▶ _Provided data_:
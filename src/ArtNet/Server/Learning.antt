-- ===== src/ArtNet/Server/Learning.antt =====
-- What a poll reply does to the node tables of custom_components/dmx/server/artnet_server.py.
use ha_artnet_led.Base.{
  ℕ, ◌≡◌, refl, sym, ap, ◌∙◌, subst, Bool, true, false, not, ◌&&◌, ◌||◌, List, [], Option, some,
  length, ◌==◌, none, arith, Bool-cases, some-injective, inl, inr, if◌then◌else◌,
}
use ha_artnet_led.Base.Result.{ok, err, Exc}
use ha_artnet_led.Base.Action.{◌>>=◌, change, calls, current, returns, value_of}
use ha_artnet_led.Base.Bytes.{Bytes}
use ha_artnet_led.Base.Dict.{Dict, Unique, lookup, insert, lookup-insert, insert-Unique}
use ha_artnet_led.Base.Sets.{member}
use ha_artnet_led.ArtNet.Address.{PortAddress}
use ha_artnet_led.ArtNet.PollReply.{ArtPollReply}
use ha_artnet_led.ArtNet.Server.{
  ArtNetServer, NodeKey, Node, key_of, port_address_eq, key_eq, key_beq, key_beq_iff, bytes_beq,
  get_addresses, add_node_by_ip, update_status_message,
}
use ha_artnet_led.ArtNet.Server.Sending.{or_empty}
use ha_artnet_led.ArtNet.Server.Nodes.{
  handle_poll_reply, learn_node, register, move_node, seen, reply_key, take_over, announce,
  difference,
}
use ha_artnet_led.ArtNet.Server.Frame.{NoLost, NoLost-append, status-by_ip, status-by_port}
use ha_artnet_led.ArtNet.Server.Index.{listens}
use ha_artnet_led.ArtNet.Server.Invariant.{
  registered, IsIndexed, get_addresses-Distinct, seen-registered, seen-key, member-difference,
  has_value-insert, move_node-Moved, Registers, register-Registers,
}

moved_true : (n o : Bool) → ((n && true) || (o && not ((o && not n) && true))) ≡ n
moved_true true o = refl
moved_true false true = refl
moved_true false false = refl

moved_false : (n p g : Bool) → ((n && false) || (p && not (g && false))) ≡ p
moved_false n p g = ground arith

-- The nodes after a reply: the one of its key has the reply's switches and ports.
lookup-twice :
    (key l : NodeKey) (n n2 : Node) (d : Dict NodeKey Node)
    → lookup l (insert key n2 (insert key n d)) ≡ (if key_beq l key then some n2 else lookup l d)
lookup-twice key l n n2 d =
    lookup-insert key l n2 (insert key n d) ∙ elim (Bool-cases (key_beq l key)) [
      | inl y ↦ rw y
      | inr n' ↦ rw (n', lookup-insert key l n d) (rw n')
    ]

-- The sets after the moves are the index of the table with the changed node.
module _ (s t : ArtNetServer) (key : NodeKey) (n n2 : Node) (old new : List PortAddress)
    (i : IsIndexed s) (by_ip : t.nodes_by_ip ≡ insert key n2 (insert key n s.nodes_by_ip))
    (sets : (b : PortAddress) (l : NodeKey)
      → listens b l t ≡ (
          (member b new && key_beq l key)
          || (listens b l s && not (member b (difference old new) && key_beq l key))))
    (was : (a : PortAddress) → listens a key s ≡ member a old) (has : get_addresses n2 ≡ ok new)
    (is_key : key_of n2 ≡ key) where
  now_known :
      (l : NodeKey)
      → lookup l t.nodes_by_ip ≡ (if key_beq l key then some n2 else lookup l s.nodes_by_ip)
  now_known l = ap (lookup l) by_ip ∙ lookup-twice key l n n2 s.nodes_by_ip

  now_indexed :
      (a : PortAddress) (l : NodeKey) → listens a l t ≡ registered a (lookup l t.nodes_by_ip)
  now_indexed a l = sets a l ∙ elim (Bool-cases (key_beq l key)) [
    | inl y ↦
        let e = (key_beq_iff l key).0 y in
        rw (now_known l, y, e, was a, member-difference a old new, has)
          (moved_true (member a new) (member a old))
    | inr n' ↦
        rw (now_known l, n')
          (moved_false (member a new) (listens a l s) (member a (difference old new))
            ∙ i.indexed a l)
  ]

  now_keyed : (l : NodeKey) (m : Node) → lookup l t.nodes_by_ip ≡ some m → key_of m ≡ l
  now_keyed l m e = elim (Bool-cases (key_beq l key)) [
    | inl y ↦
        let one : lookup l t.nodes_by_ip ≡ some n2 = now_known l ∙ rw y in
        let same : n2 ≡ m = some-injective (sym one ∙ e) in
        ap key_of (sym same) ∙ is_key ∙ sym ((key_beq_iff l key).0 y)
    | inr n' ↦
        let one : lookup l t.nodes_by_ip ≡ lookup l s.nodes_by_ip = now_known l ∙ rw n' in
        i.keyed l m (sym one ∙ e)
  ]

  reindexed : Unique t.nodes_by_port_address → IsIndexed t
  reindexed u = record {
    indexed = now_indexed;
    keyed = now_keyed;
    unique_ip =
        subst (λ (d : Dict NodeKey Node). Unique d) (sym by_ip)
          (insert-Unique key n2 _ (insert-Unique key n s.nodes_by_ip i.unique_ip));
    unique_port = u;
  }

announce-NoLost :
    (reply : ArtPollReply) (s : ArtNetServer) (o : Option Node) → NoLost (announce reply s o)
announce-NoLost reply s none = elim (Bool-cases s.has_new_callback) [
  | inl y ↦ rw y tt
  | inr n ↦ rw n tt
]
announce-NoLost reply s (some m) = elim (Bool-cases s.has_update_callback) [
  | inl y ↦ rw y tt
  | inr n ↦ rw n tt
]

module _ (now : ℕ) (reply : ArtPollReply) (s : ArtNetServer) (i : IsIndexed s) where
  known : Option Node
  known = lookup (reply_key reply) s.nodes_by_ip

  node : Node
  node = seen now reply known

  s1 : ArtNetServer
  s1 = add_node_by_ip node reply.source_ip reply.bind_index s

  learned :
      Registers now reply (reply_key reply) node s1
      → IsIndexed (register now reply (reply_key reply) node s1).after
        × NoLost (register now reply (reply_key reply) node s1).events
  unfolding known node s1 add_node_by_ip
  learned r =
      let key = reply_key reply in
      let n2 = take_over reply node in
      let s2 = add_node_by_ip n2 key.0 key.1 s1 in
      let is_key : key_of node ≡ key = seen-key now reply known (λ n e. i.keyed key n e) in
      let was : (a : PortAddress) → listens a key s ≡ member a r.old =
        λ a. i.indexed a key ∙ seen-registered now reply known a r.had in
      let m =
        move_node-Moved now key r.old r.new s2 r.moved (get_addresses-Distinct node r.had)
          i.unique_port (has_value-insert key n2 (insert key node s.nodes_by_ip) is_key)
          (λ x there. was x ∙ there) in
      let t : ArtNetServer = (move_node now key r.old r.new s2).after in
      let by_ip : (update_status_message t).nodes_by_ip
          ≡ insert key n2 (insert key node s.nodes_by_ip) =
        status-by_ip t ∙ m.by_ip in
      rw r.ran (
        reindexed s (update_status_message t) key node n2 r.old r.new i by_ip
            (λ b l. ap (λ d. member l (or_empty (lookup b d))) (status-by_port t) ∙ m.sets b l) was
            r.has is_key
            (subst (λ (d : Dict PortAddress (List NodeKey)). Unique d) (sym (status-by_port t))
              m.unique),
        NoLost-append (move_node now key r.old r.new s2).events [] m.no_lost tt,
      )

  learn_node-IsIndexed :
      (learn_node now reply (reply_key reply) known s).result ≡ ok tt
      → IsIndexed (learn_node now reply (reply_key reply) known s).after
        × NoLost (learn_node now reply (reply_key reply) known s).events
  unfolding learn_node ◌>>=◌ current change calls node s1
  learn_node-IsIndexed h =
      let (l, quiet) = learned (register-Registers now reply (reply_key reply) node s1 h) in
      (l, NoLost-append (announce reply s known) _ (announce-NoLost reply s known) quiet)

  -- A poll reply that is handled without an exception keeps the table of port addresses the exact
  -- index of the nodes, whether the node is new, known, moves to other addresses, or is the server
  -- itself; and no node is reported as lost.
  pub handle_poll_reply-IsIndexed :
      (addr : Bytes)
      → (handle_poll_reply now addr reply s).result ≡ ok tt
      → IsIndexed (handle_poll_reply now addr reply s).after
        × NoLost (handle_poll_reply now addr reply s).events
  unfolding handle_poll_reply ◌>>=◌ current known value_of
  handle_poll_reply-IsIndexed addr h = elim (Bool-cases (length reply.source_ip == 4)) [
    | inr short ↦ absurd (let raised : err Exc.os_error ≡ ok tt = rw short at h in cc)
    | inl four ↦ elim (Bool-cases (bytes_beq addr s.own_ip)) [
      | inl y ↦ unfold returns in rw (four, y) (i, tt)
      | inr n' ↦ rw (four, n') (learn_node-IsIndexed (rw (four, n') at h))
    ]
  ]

▶ _Your goal_: Which lines in the data above hold the word "returns"? Return each of them.

▶ _Written response_:
use ha_artnet_led.Base.Action.{◌>>=◌, change, calls, current, returns, value_of}
      | inl y ↦ unfold returns in rw (four, y) (i, tt)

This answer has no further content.